To be able to do what humans do so naturally, Google Translate will have to go deep down the road of artificial intelligence over a long period of time. Even then, I don`t know if it`s possible. They are competing with Mother Nature`s greatest creation: the supercomputer known as the human brain.

Google Translate Japanese to English example

Some languages are beyond the scope of what Google Translate can do

I`ve used Japanese as an example mostly because Japanese is a very different language than English (and most other languages), so it is easy to find the limitations of Google Translate using Japanese.  Directly translating between languages that have very different syntax always results in a lot of mucky sentences.

This is probably why so far, the only languages which Google has introduced the new features for are English <–> French, German, Italian, Portuguese, Spanish, and Russian. Aside from Russian, the other languages are ones that are fairly straightforward to translate to and from English.

 People appreciate the human touch

Will my language skills become less valuable on my resume?

I don`t think so. People value human interaction, and in today`s high tech world I think it`s more valuable not less. People will get annoyed and fed up with automated translation if companies try to replace humans with machines.

Google Translate is one of those things that can be a value-added, if it is used in situations where it`s a pleasant surprise. For example, if you get your first ever customer from Azerbaijan and he can`t speak English. If you use the app to communicate with him it would probably make him happy that you`re making the effort to reach out to him. But imagine that 50% of your customers were from Azerbaijan and you tried to rely on Google Translate to interact with all of them. That would probably work against you, because you would be failing to meet expectations and neglecting your core customer base. You would be much better off learning some Azerbaijani or hiring someone who can speak it. Because the human touch, the ability to communicate directly with someone and share an experience with them in their language has tremendous value.  So even if automated translation becomes more commonplace in businesses, it will likely only be for functions for which there was previously no translation. It won`t likely replace employees.

Employers like smart and flexible people. Recent studies have proven that certain parts of the brain actually grow larger when you learn a second language. You also develop a flexibility of thought, an ability to understand and adapt to other ways of thinking, when you speak more than one language. In today`s economy, ideas and creation and hugely important, which requires people to think about problems from various angles. Multilingual employees can provide the valuable perspective of someone who can shift between different ways of seeing the world.

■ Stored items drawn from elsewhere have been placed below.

-- ===== src/AccessSession.antt =====
-- The sessions of users whose internet access is followed, collector/internetaccess.c, with the
-- enumerations of collector/internetaccess.h. An address is the list of its bytes. Arrays are lists of
-- the length allocated; realloc is taken to succeed, and `junk` is what new memory holds.
pub mod Room
pub mod Addresses
pub mod Removal
mod Tests
use https_github_com_open_li.Prelude.{
  ℕ, zero, suc, ◌+◌, ◌-◌, ◌%◌, Bool, true, false, ◌&&◌, Option, none, some, List, [], ◌∷◌, ◌++◌,
  if◌then◌else◌, ltb, ◌==◌, length, take, replicate, get_or, set, min,
}
use https_github_com_open_li.Prelude.Int.{ℤ, pos, negsuc}
use https_github_com_open_li.Uthash.{bytes_eq}

abbrev pub session_ip_incr : ℕ
session_ip_incr = 5

abbrev pub af_inet : ℕ
af_inet = 2

abbrev pub af_inet6 : ℕ
af_inet6 = 10

-- session_state_t
pub data SessionState : Type 0 where
  new authing active active_no_ip renew ending over : SessionState

-- access_action_t; `no_action` is ACCESS_ACTION_NONE
pub data AccessAction : Type 0 where
  attempt failed accept reject already_active interim_update modified end end_sudden retry
        no_action :
      AccessAction

-- session_ipversion_t
pub data IpVersion : Type 0 where
  ip_none ip_v4 ip_v6 ip_dual : IpVersion

-- internetaccess_ip_t
pub record SessionIp : Type 0 where
  pub ipfamily : ℕ
  pub assignedip : List ℕ
  pub prefixbits : ℕ

-- struct access_session; `statedata` names the session of the plugin by its number
pub record AccessSession : Type 0 where
  pub sessionips : List SessionIp
  pub sessipcount : ℕ
  pub sessipversion : IpVersion
  pub sessionid : List ℕ
  pub cin : ℕ
  pub statedata : Option ℕ
  pub started : ℕ

abbrev pub cleared : SessionIp
cleared = record { ipfamily = 0; assignedip = []; prefixbits = 0 }

unfoldable pub create_access_session : List ℕ → AccessSession
create_access_session sessid = record {
  sessionips = replicate session_ip_incr cleared;
  sessipcount = 0;
  sessipversion = ip_none;
  sessionid = sessid;
  cin = 0;
  statedata = none;
  started = 0;
}

-- realloc to n items
abbrev pub realloc_ips : SessionIp → ℕ → List SessionIp → List SessionIp
realloc_ips junk n ips = take n ips ++ replicate (n - length ips) junk

-- the array before an address is written
pub grown : SessionIp → AccessSession → List SessionIp
grown junk sess =
    if ltb 0 sess.sessipcount && (sess.sessipcount % session_ip_incr == 0)
    then realloc_ips junk (sess.sessipcount + session_ip_incr) sess.sessionips
    else sess.sessionips

abbrev pub with_v4 : IpVersion → IpVersion
with_v4 ip_none = ip_v4
with_v4 ip_v6 = ip_dual
with_v4 v = v

abbrev pub with_v6 : IpVersion → IpVersion
with_v6 ip_none = ip_v6
with_v6 ip_v4 = ip_dual
with_v6 v = v

-- `n` bytes of a value in an address of 16
abbrev pub v6_bytes : ℕ → List ℕ → List ℕ
v6_bytes n att_val = take n att_val ++ replicate (16 - n) 0

-- the value `ind` is an int, the counter a byte
abbrev pub store_ip : List SessionIp → IpVersion → SessionIp → AccessSession → AccessSession
store_ip ips version ip sess = record sess {
  sessionips = set ips sess.sessipcount ip;
  sessipcount = (sess.sessipcount + 1) % 256;
  sessipversion = version;
}

-- a length for an IPv4 address
abbrev pub is_four : ℤ → Bool
is_four (pos n) = n == 4
is_four (negsuc _) = false

-- `none` is a memcpy of a negative length, which as a size_t is larger than any object
unfoldable pub add_new_session_ip :
    SessionIp → AccessSession → List ℕ → ℕ → ℕ → ℤ → Option AccessSession
unfolding grown
add_new_session_ip junk sess att_val family pfxbits att_len =
    let ips = grown junk sess in
    if family == af_inet
    then (if is_four att_len
        then some (
            store_ip ips (with_v4 sess.sessipversion)
              (record { ipfamily = family; assignedip = take 4 att_val; prefixbits = pfxbits })
              sess)
        else some (record sess { sessionips = ips }))
    else if family == af_inet6
    then elim att_len [
      | pos n ↦ some (
          store_ip ips (with_v6 sess.sessipversion)
            (record {
              ipfamily = family;
              assignedip = v6_bytes (min n 16) att_val;
              prefixbits = pfxbits;
            })
            sess)
      | negsuc _ ↦ none
    ]
    else some (record sess { sessionips = ips })

-- the test on an entry whose family is not 0
abbrev pub same_ip : SessionIp → SessionIp → Bool
same_ip sessip ip =
    (ip.ipfamily == sessip.ipfamily)
    && ((ip.prefixbits == sessip.prefixbits)
        && (if sessip.ipfamily == af_inet
            then bytes_eq ip.assignedip sessip.assignedip
            else if sessip.ipfamily == af_inet6
            then bytes_eq ip.assignedip sessip.assignedip
            else false))

-- the loop over the first n entries: the entries behind it and the number without an address
pub clear_ips : SessionIp → ℕ → List SessionIp → List SessionIp × ℕ
clear_ips sessip zero ips = (ips, 0)
clear_ips sessip (suc n) [] = ([], 0)
clear_ips sessip (suc n) (ip ∷ ips) =
    let (rest, nullips) = clear_ips sessip n ips in
    if ip.ipfamily == 0
    then (ip ∷ rest, nullips + 1)
    else if same_ip sessip ip
    then (record ip { ipfamily = 0 } ∷ rest, nullips + 1)
    else (ip ∷ rest, nullips)

-- 1 is true: no address is left
pub remove_session_ip : AccessSession → SessionIp → Bool × AccessSession
unfolding clear_ips
remove_session_ip sess sessip =
    let (ips, nullips) = clear_ips sessip sess.sessipcount sess.sessionips in
    (nullips == sess.sessipcount, record sess { sessionips = ips })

Language study is an incredibly rewarding hobby

language study books for german, spanish, italianEven if translation apps became perfect and we no longer needed to study languages, who cares – people do a lot of things that they don`t need to do. Why? Because they want to do them. Is basketball necessary? No, but some people love it and dedicate lots of time to do it.

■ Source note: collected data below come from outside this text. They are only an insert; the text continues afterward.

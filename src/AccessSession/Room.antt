-- ===== src/AccessSession/Room.antt =====
-- The array of addresses is large enough for the next one.
use https_github_com_open_li.Prelude.{
  ℕ, ◌+◌, ◌-◌, ◌%◌, ◌≤◌, ◌<◌, ◌≡◌, some, List, length, take, min, arith, length-append, length-take,
  length-replicate, length-set, replicate,
}
use https_github_com_open_li.Prelude.Int.{ℤ, pos, negsuc}
use https_github_com_open_li.AccessSession.{
  SessionIp, AccessSession, IpVersion, session_ip_incr, v6_bytes, realloc_ips, grown, store_ip,
  create_access_session, add_new_session_ip,
}

-- The array has room for the next address, or is about to grow.
pub record IsRoomy (sess : AccessSession) : Type 0 where
  pub byte : sess.sessipcount < 256
  pub whole : length sess.sessionips % 5 ≡ 0
  pub some_room : 0 < length sess.sessionips
  pub inside : sess.sessipcount ≤ length sess.sessionips

pub length-realloc_ips :
    (junk : SessionIp) (n : ℕ) (ips : List SessionIp) → length (realloc_ips junk n ips) ≡ n
length-realloc_ips junk n ips = omega (
  arith,
  length-append (take n ips) (replicate (n - length ips) junk),
  length-take n ips,
  length-replicate (n - length ips) junk,
)

pub grown-room :
    (junk : SessionIp) (sess : AccessSession)
    → IsRoomy sess
    → (sess.sessipcount < length (grown junk sess)) × (length (grown junk sess) % 5 ≡ 0)
unfolding grown
grown-room junk sess r =
    ground (arith, length-realloc_ips junk (sess.sessipcount + session_ip_incr) sess.sessionips)

pub store_ip-IsRoomy :
    (ips : List SessionIp) (version : IpVersion) (ip : SessionIp) (sess : AccessSession)
    → sess.sessipcount < length ips
    → length ips % 5 ≡ 0
    → IsRoomy (store_ip ips version ip sess)
store_ip-IsRoomy ips version ip sess h w = ground (arith, length-set ips sess.sessipcount ip)

-- a new session
pub create_access_session-IsRoomy : (id : List ℕ) → IsRoomy (create_access_session id)
unfolding create_access_session
create_access_session-IsRoomy id = omega arith

-- Whatever is added, and also when the byte that counts the addresses wraps, the place that is written is
-- inside the array, which is left with room for the next address or is about to grow.
pub add_new_session_ip-IsRoomy :
    (junk : SessionIp) (sess : AccessSession) (att_val : List ℕ) (family pfxbits : ℕ) (att_len : ℤ)
    {sess' : AccessSession}
    → IsRoomy sess
    → add_new_session_ip junk sess att_val family pfxbits att_len ≡ some sess'
    → (sess.sessipcount < length (grown junk sess)) × IsRoomy sess'
unfolding add_new_session_ip
add_new_session_ip-IsRoomy junk sess att_val family pfxbits (pos n) r h = ground (
  arith,
  grown-room junk sess r,
  length-set (grown junk sess) sess.sessipcount
      (record { ipfamily = family; assignedip = take 4 att_val; prefixbits = pfxbits }),
  length-set (grown junk sess) sess.sessipcount (record {
    ipfamily = family;
    assignedip = v6_bytes (min n 16) att_val;
    prefixbits = pfxbits;
  }),
)
add_new_session_ip-IsRoomy junk sess att_val family pfxbits (negsuc n) r h =
    ground (arith, grown-room junk sess r)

Some of us love studying languages. We love to learn the patterns and crack the code, we love to communicate with amazing people from all over the world in an authentic human way, we love to master ourselves and put plans in place to achieve goals, and we love to gain global insight by delving into other cultures and their ways of thinking. Learning languages is fun and fascinating, and it`s a deeply rich hobby that is not going away anytime soon. As in, ever.

That`s the message I try to communicate to my first year students. If they hand me a gibberish essay courtesy of Google Translate, I know that they haven`t yet caught the language bug. They haven`t yet discovered the fun and fascination, the rush of overcoming challenges. The first step for them is learning that quick fixes will never be a substitute for the real thing.